TASK INPUTS:
****************
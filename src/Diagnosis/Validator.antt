-- ===== src/Diagnosis/Validator.antt =====
-- The validator of a provider's reply, tools/viewer/web/diagnosis_validator.js. The serialized reply
-- and what `JSON.parse` makes of it are arguments, and `string_of` stands for JavaScript's conversion
-- of an evidence id to a string.
pub mod Check
pub mod Sound
pub mod Throws
use open_fpgastudio.Base.{
  ℕ, zero, suc, ◌+◌, ◌*◌, ◌<◌, Bool, true, false, not, ◌&&◌, ◌||◌, Option, none, some, List, [],
  ◌∷◌, ◌++◌, map, length, leb, ltb, ◌==◌, if◌then◌else◌,
}
use open_fpgastudio.Base.Texts.{Text, codes, dec}
use open_fpgastudio.Base.Dict.{same_text}
use open_fpgastudio.Diagnosis.Json.{
  Number, Value, Items, Fields, null, bool, num, str, arr, obj, nil, cons, end, field, texts,
  get_field, set_field,
}
use open_fpgastudio.Diagnosis.Redaction.{
  lower, starts_with, includes, is_letter, is_digit, contains,
}

-- What `validate` comes to: it throws a `TypeError`, or gives the errors, or the changed reply.
pub data Verdict : Type 0 where
  thrown : Verdict
  invalid : List Text → Verdict
  valid : Value → Verdict

-- `Number.isFinite(n) && !(n < 0) && !(n > 1)`
unfoldable pub in_unit : Number → Bool
in_unit n =
    not (n.bottom == 0) && (not (n.negative && ltb 0 n.top) && (n.negative || leb n.top n.bottom))

unfoldable pub at_most_quarter : Number → Bool
at_most_quarter n = n.negative || leb (4 * n.top) n.bottom

-- `Math.min(n, 0.25)`
unfoldable pub capped : Number → Number
unfolding at_most_quarter
capped n = if at_most_quarter n then n else record { negative = false; top = 1; bottom = 4 }

-- `Boolean(value)`
unfoldable pub truthy : Option Value → Bool
truthy none = false
truthy (some null) = false
truthy (some (bool b)) = b
truthy (some (num n)) = not (n.top == 0)
truthy (some (str [])) = false
truthy (some _) = true

-- `!ids || !ids.length`
unfoldable pub no_ids : Option Value → Bool
unfolding truthy get_field
no_ids (some (arr (cons id ids))) = false
no_ids (some (str (c ∷ cs))) = false
no_ids (some (obj fields)) = not (truthy (get_field (codes "length") fields))
no_ids _ = true

-- `value === text`
unfoldable pub is_text : Text → Option Value → Bool
unfolding same_text
is_text t (some (str u)) = same_text u t
is_text t _ = false

abbrev pub add_if : Bool → Text → List Text
add_if false error = []
add_if true error = error ∷ []

unfoldable pub is_word_char : ℕ → Bool
unfolding is_letter is_digit
is_word_char c = is_letter c || is_digit c || c == b'_'

-- `\b` in front of the rest of a text.
unfoldable pub ends_word : Text → Bool
unfolding is_word_char
ends_word [] = true
ends_word (c ∷ cs) = not (is_word_char c)

-- A word of the list stands at the start of the text, in lower case, with its end behind it.
unfoldable pub word_here : Text → Text → Bool
unfolding ends_word
word_here [] t = ends_word t
word_here (w ∷ ws) [] = false
word_here (w ∷ ws) (c ∷ cs) = w == c && word_here ws cs

abbrev pub mutating_words : List Text
mutating_words =
    codes "write"
    ∷ codes "program"
    ∷ codes "flash"
    ∷ codes "delete"
    ∷ codes "remove"
    ∷ codes "reset"
    ∷ codes "modify"
    ∷ codes "install"
    ∷ codes "execute"
    ∷ codes "run command"
    ∷ []

unfoldable pub any_word : List Text → Text → Bool
unfolding word_here
any_word [] t = false
any_word (w ∷ ws) t = word_here w t || any_word ws t

-- `inside`: a word character stands in front.
unfoldable pub mutating_from : Bool → Text → Bool
unfolding any_word is_word_char
mutating_from inside [] = false
mutating_from inside (c ∷ cs) =
    (not inside && any_word mutating_words (c ∷ cs)) || mutating_from (is_word_char c) cs

-- `MUTATING.test(action)`
unfoldable pub is_mutating : Text → Bool
unfolding mutating_from lower
is_mutating action = mutating_from false (lower action)

-- `errors.push("secret_echo_detected")` for every secret that the reply holds.
unfoldable pub secret_errors : List Text → Text → List Text
unfolding includes
secret_errors [] serialized = []
secret_errors ([] ∷ secrets) serialized = secret_errors secrets serialized
secret_errors ((c ∷ cs) ∷ secrets) serialized =
    add_if (includes (c ∷ cs) serialized) (codes "secret_echo_detected")
    ++ secret_errors secrets serialized

abbrev pub required : List Text
required =
    codes "schema_version"
    ∷ codes "summary"
    ∷ codes "observed_facts"
    ∷ codes "hypotheses"
    ∷ codes "recommended_actions"
    ∷ codes "insufficient_evidence"
    ∷ codes "metadata"
    ∷ []

abbrev pub is_absent : Option Value → Bool
is_absent none = true
is_absent (some v) = false

unfoldable pub missing_fields : List Text → Fields → List Text
unfolding get_field
missing_fields [] fields = []
missing_fields (key ∷ keys) fields =
    add_if (is_absent (get_field key fields)) (codes "missing_field:" ++ key)
    ++ missing_fields keys fields

unfoldable pub is_one : Option Value → Bool
is_one (some (num n)) = not n.negative && (n.top == n.bottom && not (n.bottom == 0))
is_one _ = false

abbrev pub is_string : Option Value → Bool
is_string (some (str t)) = true
is_string _ = false

abbrev pub is_array : Option Value → Bool
is_array (some (arr items)) = true
is_array _ = false

abbrev pub is_object : Option Value → Bool
is_object (some (obj fields)) = true
is_object _ = false

unfoldable pub not_arrays : List Text → Fields → List Text
unfolding get_field
not_arrays [] fields = []
not_arrays (key ∷ keys) fields =
    add_if (not (is_array (get_field key fields))) (codes "invalid_type:" ++ key)
    ++ not_arrays keys fields

abbrev pub array_keys : List Text
array_keys =
    codes "observed_facts"
    ∷ codes "hypotheses"
    ∷ codes "recommended_actions"
    ∷ codes "insufficient_evidence"
    ∷ []

-- The tests of the fields' types.
unfoldable pub type_errors : Fields → List Text
unfolding is_one not_arrays get_field
type_errors fields =
    add_if (not (is_one (get_field (codes "schema_version") fields)))
      (codes "unsupported_schema_version")
    ++ add_if (not (is_string (get_field (codes "summary") fields))) (codes "invalid_summary")
    ++ not_arrays array_keys fields
    ++ add_if (not (is_object (get_field (codes "metadata") fields)))
        (codes "invalid_type:metadata")

-- The errors up to the first `if (errors.length)`.
unfoldable pub shape_errors : List Text → Text → Fields → List Text
unfolding secret_errors missing_fields type_errors
shape_errors secrets serialized fields =
    secret_errors secrets serialized ++ missing_fields required fields ++ type_errors fields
****************
PROMPT:
Your task is to retype the entries verbatim, starting with the line that holds "abbrev pub is_array : Option Value → Bool" and stopping after the line that holds "-- The tests of the fields' types.".

RESULT OF THIS EXERCISE:
abbrev pub is_array : Option Value → Bool
is_array (some (arr items)) = true
is_array _ = false

abbrev pub is_object : Option Value → Bool
is_object (some (obj fields)) = true
is_object _ = false

unfoldable pub not_arrays : List Text → Fields → List Text
unfolding get_field
not_arrays [] fields = []
not_arrays (key ∷ keys) fields =
    add_if (not (is_array (get_field key fields))) (codes "invalid_type:" ++ key)
    ++ not_arrays keys fields

abbrev pub array_keys : List Text
array_keys =
    codes "observed_facts"
    ∷ codes "hypotheses"
    ∷ codes "recommended_actions"
    ∷ codes "insufficient_evidence"
    ∷ []

-- The tests of the fields' types.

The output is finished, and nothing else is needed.